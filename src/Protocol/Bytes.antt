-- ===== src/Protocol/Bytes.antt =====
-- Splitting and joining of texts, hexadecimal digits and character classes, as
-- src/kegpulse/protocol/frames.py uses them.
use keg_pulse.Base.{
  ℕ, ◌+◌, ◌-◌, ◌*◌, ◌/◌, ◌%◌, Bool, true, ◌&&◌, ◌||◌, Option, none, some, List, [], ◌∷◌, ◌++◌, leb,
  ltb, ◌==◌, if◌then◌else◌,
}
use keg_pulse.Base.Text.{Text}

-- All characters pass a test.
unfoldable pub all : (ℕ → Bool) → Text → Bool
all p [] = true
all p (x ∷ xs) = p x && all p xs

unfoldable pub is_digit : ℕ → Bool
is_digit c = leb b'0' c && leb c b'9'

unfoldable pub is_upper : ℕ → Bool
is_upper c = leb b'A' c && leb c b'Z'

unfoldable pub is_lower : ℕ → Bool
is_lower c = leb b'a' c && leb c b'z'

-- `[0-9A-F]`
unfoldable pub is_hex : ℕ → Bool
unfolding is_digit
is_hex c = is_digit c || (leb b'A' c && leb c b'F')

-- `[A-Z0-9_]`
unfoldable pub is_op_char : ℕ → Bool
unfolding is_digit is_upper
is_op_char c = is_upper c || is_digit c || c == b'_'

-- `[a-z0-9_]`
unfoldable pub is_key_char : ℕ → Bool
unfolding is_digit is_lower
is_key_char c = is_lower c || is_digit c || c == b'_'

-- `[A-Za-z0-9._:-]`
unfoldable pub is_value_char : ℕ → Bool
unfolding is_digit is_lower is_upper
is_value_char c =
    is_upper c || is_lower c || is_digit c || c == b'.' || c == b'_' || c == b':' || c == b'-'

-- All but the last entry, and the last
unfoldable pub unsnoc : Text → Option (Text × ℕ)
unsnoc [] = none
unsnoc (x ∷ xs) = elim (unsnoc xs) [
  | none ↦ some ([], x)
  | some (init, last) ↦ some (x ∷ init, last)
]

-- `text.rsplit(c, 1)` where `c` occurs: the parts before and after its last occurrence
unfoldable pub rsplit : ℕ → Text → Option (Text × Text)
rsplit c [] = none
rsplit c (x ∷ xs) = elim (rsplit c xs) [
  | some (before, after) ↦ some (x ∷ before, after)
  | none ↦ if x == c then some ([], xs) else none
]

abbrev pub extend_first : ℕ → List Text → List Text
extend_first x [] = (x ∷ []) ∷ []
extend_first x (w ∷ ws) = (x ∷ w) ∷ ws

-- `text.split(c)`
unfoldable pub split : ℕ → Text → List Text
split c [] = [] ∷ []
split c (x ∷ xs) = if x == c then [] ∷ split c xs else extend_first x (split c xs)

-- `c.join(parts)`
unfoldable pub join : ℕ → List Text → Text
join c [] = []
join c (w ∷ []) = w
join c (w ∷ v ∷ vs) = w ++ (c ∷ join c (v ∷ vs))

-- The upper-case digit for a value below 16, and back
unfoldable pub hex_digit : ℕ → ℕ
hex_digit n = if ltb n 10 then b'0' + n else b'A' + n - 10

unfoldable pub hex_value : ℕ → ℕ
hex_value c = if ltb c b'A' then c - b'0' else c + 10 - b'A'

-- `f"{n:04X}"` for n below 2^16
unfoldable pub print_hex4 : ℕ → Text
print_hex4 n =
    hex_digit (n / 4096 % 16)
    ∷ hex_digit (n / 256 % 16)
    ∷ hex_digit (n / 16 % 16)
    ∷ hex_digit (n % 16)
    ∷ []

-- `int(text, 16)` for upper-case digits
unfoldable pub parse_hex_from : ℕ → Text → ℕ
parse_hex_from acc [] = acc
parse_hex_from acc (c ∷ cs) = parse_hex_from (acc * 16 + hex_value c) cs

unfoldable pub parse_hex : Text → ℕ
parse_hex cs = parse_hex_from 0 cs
= = = =
Assigned task:
Find the line with "-- The upper-case". Transcribe it and every line after it exactly, through the end of the records above, and nothing else.

Response below:
-- The upper-case digit for a value below 16, and back
unfoldable pub hex_digit : ℕ → ℕ
hex_digit n = if ltb n 10 then b'0' + n else b'A' + n - 10

unfoldable pub hex_value : ℕ → ℕ
hex_value c = if ltb c b'A' then c - b'0' else c + 10 - b'A'

-- `f"{n:04X}"` for n below 2^16
unfoldable pub print_hex4 : ℕ → Text
print_hex4 n =
    hex_digit (n / 4096 % 16)
    ∷ hex_digit (n / 256 % 16)
    ∷ hex_digit (n / 16 % 16)
    ∷ hex_digit (n % 16)
    ∷ []

-- `int(text, 16)` for upper-case digits
unfoldable pub parse_hex_from : ℕ → Text → ℕ
parse_hex_from acc [] = acc
parse_hex_from acc (c ∷ cs) = parse_hex_from (acc * 16 + hex_value c) cs

unfoldable pub parse_hex : Text → ℕ
parse_hex cs = parse_hex_from 0 cs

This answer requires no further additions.